A federal union could be modelled on the US which put into practice what Montesquieu preached – checks and balances which curb the powers of any single branch of government. This requires a written constitution which would entrench the powers of the English and Scottish Parliaments and the Welsh and Northern Ireland Assemblies. There would be agreed rules on fiscal behaviour, whose serious breach could cause difficulties for all parties in the reformed Union. The Scottish Parliament would have to accept a population share of the UK fiscal debt and if the English Parliament should decide on a continuation of total debt reduction, Scottish fiscal policy would need to be reasonably congruent with that determined for England. The federal parliament could be responsible for a range of powers similar to those proposed in the third Irish Home Rule Bill. This has the merit of dispensing with the Lords which is long past its sell by date.
The Scottish Parliament decided for Union in 1707 because the collapse of the Darien Scheme demonstrated that Scotland did not have the resources to establish and maintain overseas territories. After a rocky start, the Union gave access to a rapidly expanding Empire and English markets (still the main buyer of Scottish goods and services). As I observed in my August blog, Adam Smith believed that the division of labour and the economic benefits thereof, were more evident the wider the markets that could be accessed. The pace of the Agricultural and Industrial Revolutions would probably have been slower outside the Union. Inside the Union, Scotland was part of the “workshop of the world” and remained a strong part of that workshop until the recession which followed the First World War.

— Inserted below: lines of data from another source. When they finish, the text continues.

-- ===== src/Master/Scheduler/Marks.antt =====
-- The scheduler's methods on a task that the table knows.
use dist_command_exec.Prelude.{
  ℕ, ◌≡◌, String, none, some, [], ◌∷◌, ◌++◌, arith, ltb, if◌then◌else◌, length,
}
use dist_command_exec.Prelude.Map
use dist_command_exec.Types.{Time, completed, failed}
use dist_command_exec.Master.Scheduler.{
  Scheduler, write, started, finished, reset, mark_running, mark_complete, mark_failed, requeue,
  queue_full,
}

pub mark_running_lem :
    (s : Scheduler) (id worker : String) (now : Time) (p : ℕ)
    → Map.get s.tasks id ≡ some p
    → mark_running s id worker now ≡ (write s p (started worker now (s.heap p)), none)
unfolding mark_running
mark_running_lem s id worker now p known = rw (known, mark_running)

pub mark_complete_lem :
    (s : Scheduler) (id : String) (now : Time) (p : ℕ)
    → Map.get s.tasks id ≡ some p
    → mark_complete s id now ≡ (write s p (finished completed now (s.heap p)), none)
unfolding mark_complete
mark_complete_lem s id now p known = rw (known, mark_complete)

pub mark_failed_lem :
    (s : Scheduler) (id : String) (now : Time) (p : ℕ)
    → Map.get s.tasks id ≡ some p
    → mark_failed s id now ≡ (write s p (finished failed now (s.heap p)), none)
unfolding mark_failed
mark_failed_lem s id now p known = rw (known, mark_failed)

-- Requeue resets the task in any case, and puts it into the queue if there is room.
pub requeue_lem :
    (s : Scheduler) (p : ℕ)
    → requeue s p ≡ (
        if ltb (length s.queue) s.capacity
        then (record (write s p (reset (s.heap p))) { queue = s.queue ++ p ∷ [] }, none)
        else (write s p (reset (s.heap p)), some queue_full))
unfolding requeue
requeue_lem s p = ground arith
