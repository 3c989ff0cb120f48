-- ===== src/Master/Dispatcher/Outcomes.antt =====
-- How a dispatch ends: what store, scheduler and registry then hold.
use dist_command_exec.Prelude.{
  ℕ, ◌≡◌, ◌≤◌, refl, true, false, none, some, [], ◌∷◌, ◌++◌, arith, if◌then◌else◌, length, ltb,
  eq_refl,
}
use dist_command_exec.Prelude.Int.{pos, ltb_ℤ, int64, ◌+ℤ◌}
use dist_command_exec.Types.{Time, pending, failed, can_retry}
use dist_command_exec.Master.Store.{Job, get_job, update_job_status}
use dist_command_exec.Master.Store.Lookup.{get-update_job_status}
use dist_command_exec.Master.Scheduler.{write, finished, get_task}
use dist_command_exec.Master.Scheduler.Marks.{mark_failed_lem, requeue_lem}
use dist_command_exec.Master.Registry.{NodeInfo, decrement_active_tasks}
use dist_command_exec.Master.State.{Master}
use dist_command_exec.Master.Dispatcher.{requeued, give_up, fail}

-- A task of the table whose job the store has.
abbrev pub IsKnown : Master → ℕ → Job → Type 0
IsKnown m p job =
    (get_task m.scheduler (m.scheduler.heap p).id ≡ some p)
    × (get_job m.store (m.scheduler.heap p).id ≡ some job)

-- The state behind the marks of a dispatch that gives up.
abbrev lost : Master → ℕ → Time → Master
lost m p now = record m {
  scheduler = write m.scheduler p (finished failed now (m.scheduler.heap p));
  store = update_job_status m.store (m.scheduler.heap p).id failed;
}

give_up_lem :
    (m : Master) (p : ℕ) (now : Time)
    → get_task m.scheduler (m.scheduler.heap p).id ≡ some p
    → give_up m p now ≡ (
        if ltb_ℤ (m.scheduler.heap p).retries (m.scheduler.heap p).max_retries
        then requeued (lost m p now) p
        else lost m p now)
unfolding give_up get_task can_retry
give_up_lem m p now known =
    rw (mark_failed_lem m.scheduler (m.scheduler.heap p).id now p known) (ground arith)

lost-failed :
    (m : Master) (p : ℕ) (now : Time) (job : Job)
    → get_job m.store (m.scheduler.heap p).id ≡ some job
    → get_job (lost m p now).store (m.scheduler.heap p).id ≡ some (record job { status = failed })
unfolding get_job
lost-failed m p now job there =
    rw
      (
        get-update_job_status m.store (m.scheduler.heap p).id (m.scheduler.heap p).id failed job
            there,
        eq_refl,
      )
      refl

-- A worker's call that fails for a known task with retries left: the job of the task is reported as
-- failed; the task is pending again, with one retry more, no worker, no start and the time of the
-- failure as its completion; it goes to the end of the queue if there is room, and into no queue
-- otherwise. The node's count is taken back.
pub fail-retries :
    (m : Master) (p : ℕ) (node : NodeInfo) (now : Time) (job : Job)
    → IsKnown m p job
    → ltb_ℤ (m.scheduler.heap p).retries (m.scheduler.heap p).max_retries ≡ true
    → let m' = fail m p node now in
      (get_job m'.store (m.scheduler.heap p).id ≡ some (record job { status = failed }))
      × (m'.scheduler.heap p ≡ record (m.scheduler.heap p) {
        status = pending;
        retries = int64 ((m.scheduler.heap p).retries +ℤ pos 1);
        worker_id = "";
        started_at = none;
        completed_at = some now;
      })
      × (m'.scheduler.queue ≡ (
          if ltb (length m.scheduler.queue) m.scheduler.capacity
          then m.scheduler.queue ++ p ∷ []
          else m.scheduler.queue))
      × (m'.registry ≡ decrement_active_tasks m.registry node.id)
unfolding fail get_job get_task
fail-retries m p node now job (known, there) left =
    let m1 = record m { registry = decrement_active_tasks m.registry node.id } in
    rw (give_up_lem m1 p now known, left, requeue_lem (lost m1 p now).scheduler p)
      (lost-failed m1 p now job there, ground arith, ground arith, refl)

-- A worker's call that fails for a known task with no retries left: job and task are failed, the
-- queue stays as it is, and the node's count is taken back.
pub fail_for_good :
    (m : Master) (p : ℕ) (node : NodeInfo) (now : Time) (job : Job)
    → IsKnown m p job
    → ltb_ℤ (m.scheduler.heap p).retries (m.scheduler.heap p).max_retries ≡ false
    → let m' = fail m p node now in
      (get_job m'.store (m.scheduler.heap p).id ≡ some (record job { status = failed }))
      × (m'.scheduler.heap p ≡ finished failed now (m.scheduler.heap p))
      × (m'.scheduler.queue ≡ m.scheduler.queue)
      × (m'.registry ≡ decrement_active_tasks m.registry node.id)
unfolding fail get_job get_task
fail_for_good m p node now job (known, there) over =
    let m1 = record m { registry = decrement_active_tasks m.registry node.id } in
    rw (give_up_lem m1 p now known, over) (lost-failed m1 p now job there, ground arith, refl, refl)

-- Without a free place in the queue, Requeue resets a task of the table and drops it: the task
-- stays pending in the table, and queue and jobs do not change.
pub requeued_full :
    (m : Master) (p : ℕ)
    → get_task m.scheduler (m.scheduler.heap p).id ≡ some p
    → m.scheduler.capacity ≤ length m.scheduler.queue
    → let m' = requeued m p in
      (get_task m'.scheduler (m'.scheduler.heap p).id ≡ some p)
      × ((m'.scheduler.heap p).status ≡ pending)
      × (m'.scheduler.queue ≡ m.scheduler.queue)
      × (m'.store ≡ m.store)
unfolding get_task
requeued_full m p known full =
    let over : ltb (length m.scheduler.queue) m.scheduler.capacity ≡ false = ground arith in
    rw (requeue_lem m.scheduler p, over) (ground arith, ground arith, refl, refl)
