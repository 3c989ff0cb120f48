-- ===== src/Master/Dispatcher/Whole.antt =====
-- A dispatch from the selection of a node to its end, and the client pool.
use dist_command_exec.Prelude.{
  ℕ, ◌≡◌, ◌∙◌, ap, subst, ◌<◌, refl, String, true, some, List, [], ◌∷◌, arith, length, Option-cases,
  inl, inr, eq_refl,
}
use dist_command_exec.Prelude.Map
use dist_command_exec.Types.{Task, Time, Result, completed}
use dist_command_exec.Master.Store.{Job, get_job, outcome}
use dist_command_exec.Master.Store.Lookup.{get-save_result}
use dist_command_exec.Master.Scheduler.{write, started, finished, get_task}
use dist_command_exec.Master.Scheduler.Marks.{mark_running_lem, mark_complete_lem}
use dist_command_exec.Master.Registry.{
  NodeInfo, get_healthy_nodes, increment_active_tasks, decrement_active_tasks,
}
use dist_command_exec.Master.Balancer.RoundRobin.{select_round_robin_total}
use dist_command_exec.Master.Scaler.{Api}
use dist_command_exec.Master.State.{Master}
use dist_command_exec.Master.Dispatcher.{
  ExecuteResponse, select_node, request, chosen, choose, send, get_client, complete, result_of,
  dispatch_task,
}
use dist_command_exec.Master.Dispatcher.Outcomes.{IsKnown}
use dist_command_exec.Master.Server.Cancelling.{
  Carries, result_of-Carries, verdict, outcome-result_of,
}

select_node-chosen :
    (nodes : List NodeInfo) (counter : ℕ)
    → 0 < length nodes
    → (node : NodeInfo) × ((select_node nodes counter).1 ≡ chosen node)
unfolding select_node
select_node-chosen [] counter h = absurd (omega arith)
select_node-chosen (n ∷ ns) counter h =
    let (node, at, _) = select_round_robin_total counter (n ∷ ns) h in
    (node, rw (at, select_node) refl)

-- With a healthy node there is a choice.
choose-chosen :
    (m : Master) (now : Time) (api : Api) (seen : List NodeInfo)
    (visited : List (String × NodeInfo))
    → 0 < length (get_healthy_nodes visited)
    → (node : NodeInfo) × ((choose m now api seen visited).1 ≡ chosen node)
unfolding choose
choose-chosen m now api seen visited some_node =
    select_node-chosen (get_healthy_nodes visited) m.counter some_node

choose_keeps :
    (m : Master) (now : Time) (api : Api) (seen : List NodeInfo)
    (visited : List (String × NodeInfo))
    → ((choose m now api seen visited).0.store ≡ m.store)
      × ((choose m now api seen visited).0.scheduler ≡ m.scheduler)
      × ((choose m now api seen visited).0.registry ≡ m.registry)
unfolding choose
choose_keeps m now api seen visited = (refl, refl, refl)

-- With a client, or one that can be made, the request goes out.
send-delivered :
    (m : Master) (p : ℕ) (node : NodeInfo) (now : Time)
    → get_task m.scheduler (m.scheduler.heap p).id ≡ some p
    → (address : String) × ((send m p node true now).1
        ≡ some (address, request (m.scheduler.heap p)))
      × ((send m p node true now).0.store ≡ m.store)
      × ((send m p node true now).0.scheduler
          ≡ write m.scheduler p (started node.id now (m.scheduler.heap p)))
      × ((send m p node true now).0.registry ≡ increment_active_tasks m.registry node.id)
unfolding send get_client get_task
send-delivered m p node now known =
    let marked = mark_running_lem m.scheduler (m.scheduler.heap p).id node.id now p known in
    elim (Option-cases (Map.get m.clients node.id)) [
      | inr (address, pooled) ↦
          (address, rw pooled refl, rw pooled refl, rw (pooled, marked) refl, rw pooled refl)
      | inl unpooled ↦ (
        node.address,
        rw unpooled refl,
        rw unpooled refl,
        rw (unpooled, marked) refl,
        rw unpooled refl,
      )
    ]

-- The end of a dispatch after a reply.
complete_lem :
    (m : Master) (p : ℕ) (node : NodeInfo) (resp : ExecuteResponse) (now : Time) (job : Job)
    → IsKnown m p job
    → let m' = complete m p node resp now in
      let r = result_of (m.scheduler.heap p) node resp now in
      (get_job m'.store (m.scheduler.heap p).id
        ≡ some (record job { result = some r; status = outcome r }))
      × (m'.scheduler.heap p ≡ finished completed now (m.scheduler.heap p))
      × (m'.scheduler.queue ≡ m.scheduler.queue)
      × (m'.registry ≡ decrement_active_tasks m.registry node.id)
unfolding complete get_job get_task
complete_lem m p node resp now job (known, there) =
    let t = m.scheduler.heap p in
    let marked = mark_complete_lem m.scheduler t.id now p known in
    let r = result_of t node resp now in
    (
      rw (get-save_result m.store r t.id job there, eq_refl t.id) refl,
      rw marked (ground arith),
      rw marked refl,
      refl,
    )

abbrev HasResult : Master → NodeInfo → ExecuteResponse → Time → Job → Task → Type 0
HasResult m node resp now job t =
    get_job m.store t.id
    ≡ some (record job {
      result = some (result_of t node resp now);
      status = outcome (result_of t node resp now);
    })

-- A dispatch of a known task with a healthy node, a client or one that can be made, and a worker
-- that replies: the job gets a result with the output, error and exit code of the reply, under the
-- ID of the task and of the node, and is COMPLETED if the reply says success and FAILED if it says
-- anything else; the task is completed either way, with the times of its start and end and the
-- node, the queue is as before, and the count of the node is raised and lowered once.
pub dispatch_task_lem :
    (m : Master) (p : ℕ) (now later : Time) (api : Api) (seen : List NodeInfo)
    (visited : List (String × NodeInfo)) (resp : ExecuteResponse) (job : Job)
    → IsKnown m p job
    → 0 < length (get_healthy_nodes visited)
    → let m' = dispatch_task m p now later api seen visited true (some resp) in
      (node : NodeInfo) × (r : Result) × Carries r (m.scheduler.heap p) node resp later
      × (get_job m'.store (m.scheduler.heap p).id
          ≡ some (record job { result = some r; status = verdict resp.status }))
      × (m'.scheduler.heap p ≡ record (m.scheduler.heap p) {
        status = completed;
        started_at = some now;
        completed_at = some later;
        worker_id = node.id;
      })
      × (m'.scheduler.queue ≡ m.scheduler.queue)
      × (m'.registry ≡ decrement_active_tasks (increment_active_tasks m.registry node.id) node.id)
unfolding dispatch_task result_of get_task
dispatch_task_lem m p now later api seen visited resp job (known, there) some_node =
    let (node, picked) = choose-chosen m now api seen visited some_node in
    let (store1, scheduler1, registry1) = choose_keeps m now api seen visited in
    let m1 = (choose m now api seen visited).0 in
    let (address, sent, store2, scheduler2, registry2) =
      send-delivered m1 p node now (rw scheduler1 known) in
    let m2 = (send m1 p node true now).0 in
    let same : dispatch_task m p now later api seen visited true (some resp)
        ≡ complete m2 p node resp later =
      rw (picked, sent) refl in
    let task : m2.scheduler.heap p ≡ started node.id now (m.scheduler.heap p) =
      rw (scheduler2, scheduler1) (ground arith) in
    let known2 : IsKnown m2 p job =
      rw (task, scheduler2, scheduler1, store2, store1) (known, there) in
    let (saved, done, queue, counted) = complete_lem m2 p node resp later job known2 in
    let r = result_of (m.scheduler.heap p) node resp later in
    let saved' : HasResult (complete m2 p node resp later) node resp later job
        (m.scheduler.heap p) =
      subst (HasResult (complete m2 p node resp later) node resp later job) task saved in
    (
      node,
      r,
      result_of-Carries (m.scheduler.heap p) node resp later,
      rw (← outcome-result_of (m.scheduler.heap p) node resp later, same) saved',
      rw same (done ∙ ap (finished completed later) task),
      rw same (queue ∙ rw (scheduler2, scheduler1) refl),
      rw same (
          counted
          ∙ ap (λ r. decrement_active_tasks r node.id)
              (registry2 ∙ ap (λ r. increment_active_tasks r node.id) registry1)),
    )
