-- ===== src/Master/Balancer/Choosing.antt =====
-- What LoadBalancer of internal/master/balancer.go promises, and its four implementations.
use native.Mathlib.Nat.{mod-lt}
use mathlib.Core.List.{Mem, mem-cons_self, mem-cons_of_mem}
use dist_command_exec.Prelude.{
  ℕ, zero, suc, ◌%◌, ◌≡◌, ◌⊎◌, inl, inr, refl, sym, subst, Bool-cases, Option, none, some, List, [],
  ◌∷◌, arith, All, length, get_elem?, get_elem?-lt,
}
use dist_command_exec.Prelude.Int.{ℤ, pos, ltb_ℤ, ◌<ℤ◌, max_int, int64, ◌-ℤ◌}
use dist_command_exec.Master.Registry.{NodeInfo, available_capacity}
use dist_command_exec.Master.Balancer.{
  new_balancer, Policy, round_robin, random, weighted_round_robin, least_connections,
  select_round_robin, select_random, select_weighted, select_by_weight, weighted_loop, rotate, next,
  select_least, total_weight, is_zero,
}
use dist_command_exec.Master.Balancer.Least.{select_least-IsFirstLeast}

-- No node for an empty list, and otherwise a node of the list.
abbrev pub Chooses : List NodeInfo → Option NodeInfo → Type 0
Chooses nodes o = ((nodes ≡ []) × (o ≡ none)) ⊎ ((r : NodeInfo) × (o ≡ some r) × Mem r nodes)

get_elem?-Mem : (ns : List NodeInfo) (i : ℕ) (n : NodeInfo) → get_elem? ns i ≡ some n → Mem n ns
get_elem?-Mem [] i n e = absurd (ground (arith, e))
get_elem?-Mem (x ∷ ns) zero n e =
    subst (λ m. Mem m (x ∷ ns)) {x = x} {y = n} (ground (arith, e)) mem-cons_self
get_elem?-Mem (x ∷ ns) (suc i) n e = mem-cons_of_mem x (get_elem?-Mem ns i n e)

rotate-Mem :
    (counter : ℕ) (n : NodeInfo) (ns : List NodeInfo)
    → (r : NodeInfo) × ((rotate counter (n ∷ ns)).1 ≡ some r) × Mem r (n ∷ ns)
unfolding rotate
rotate-Mem counter n ns =
    let i = next counter % length (n ∷ ns) in
    let (r, e) = get_elem?-lt (n ∷ ns) i (mod-lt (next counter) (omega arith)) in
    (r, e, get_elem?-Mem (n ∷ ns) i r e)

weighted_loop-Mem :
    (target : ℤ) (first : NodeInfo) (ns : List NodeInfo)
    → (weighted_loop target first ns ≡ first) ⊎ Mem (weighted_loop target first ns) ns
unfolding weighted_loop
weighted_loop-Mem target first [] = inl refl
weighted_loop-Mem target first (n ∷ ns) =
    elim (Bool-cases (ltb_ℤ (int64 (target -ℤ available_capacity n)) (pos 0))) [
      | inl below ↦ inr (rw below mem-cons_self)
      | inr above ↦
          rw above (elim (weighted_loop-Mem (int64 (target -ℤ available_capacity n)) first ns) [
            | inl same ↦ inl same
            | inr later ↦ inr (mem-cons_of_mem n later)
          ])
    ]

weighted-Mem :
    (target : ℤ) (n : NodeInfo) (ns : List NodeInfo)
    → Mem (weighted_loop target n (n ∷ ns)) (n ∷ ns)
weighted-Mem target n ns = elim (weighted_loop-Mem target n (n ∷ ns)) [
  | inl same ↦ subst (λ x. Mem x (n ∷ ns)) (sym same) mem-cons_self
  | inr there ↦ there
]

weighted_picks :
    (counter : ℕ) (weight : ℤ) (n : NodeInfo) (ns : List NodeInfo)
    → (r : NodeInfo) × ((select_by_weight counter weight n (n ∷ ns)).1 ≡ some r) × Mem r (n ∷ ns)
unfolding select_by_weight
weighted_picks counter weight n ns = elim (Bool-cases (is_zero weight)) [
  | inl none_free ↦ rw none_free (rotate-Mem counter n ns)
  | inr some_free ↦ rw some_free (_, refl, weighted-Mem _ n ns)
]

picks :
    (p : Policy) (counter : ℕ) (n : NodeInfo) (ns : List NodeInfo)
    → n.active_tasks <ℤ max_int
    → (r : NodeInfo) × (((new_balancer p).select counter (n ∷ ns)).1 ≡ some r) × Mem r (n ∷ ns)
unfolding select_round_robin select_random select_weighted
picks round_robin counter n ns small = rotate-Mem counter n ns
picks random counter n ns small = rotate-Mem counter n ns
picks weighted_round_robin counter n ns small =
    weighted_picks counter (total_weight (pos 0) (n ∷ ns)) n ns
picks least_connections counter n ns small =
    let (r, i, chosen, least) = select_least-IsFirstLeast n ns small in
    (r, chosen, get_elem?-Mem (n ∷ ns) i r least.0)

refuses : (p : Policy) (counter : ℕ) → ((new_balancer p).select counter []).1 ≡ none
unfolding select_round_robin select_random select_weighted select_least
refuses round_robin counter = refl
refuses random counter = refl
refuses weighted_round_robin counter = refl
refuses least_connections counter = refl

pub select-Chooses :
    (p : Policy) (counter : ℕ) (nodes : List NodeInfo)
    → All (λ n. n.active_tasks <ℤ max_int) nodes
    → Chooses nodes ((new_balancer p).select counter nodes).1
select-Chooses p counter [] small = inl (refl, refuses p counter)
select-Chooses p counter (n ∷ ns) small = inr (picks p counter n ns small.0)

The present political environment is very different. The Empire is no more and Britain’s economic and political links with Europe are much stronger. Tariff and non-tariff barriers to international trade have been significantly reduced, much of the tyranny of distance has been reduced by technical advance (most recently the internet) and world trade has expanded more rapidly than world income. In war God is said to be on the side of the big battalions, but in economics, and especially in Western Europe, it is the smaller nations who generally enjoy higher real incomes.
It has been said that the Westminster Parliament never put the Home Rule option directly to the Irish people because it feared they would vote for it. Much the same can be said of the Scottish Referendum. Over time the Scottish Parliament has increasingly become the focus of political debate in Scotland. The political dominance of the SNP in Scotland will not inevitably lead to independence, but it may do unless the Conservative Party can up its game. It is the only political party which seems capable of reaching a Home Rule settlement with the regional parties in Scotland, Wales and Northern Ireland.
I will return to this in 2016 but the next two blogs will deal with the “Great Recession” and, then, the subsequent recovery.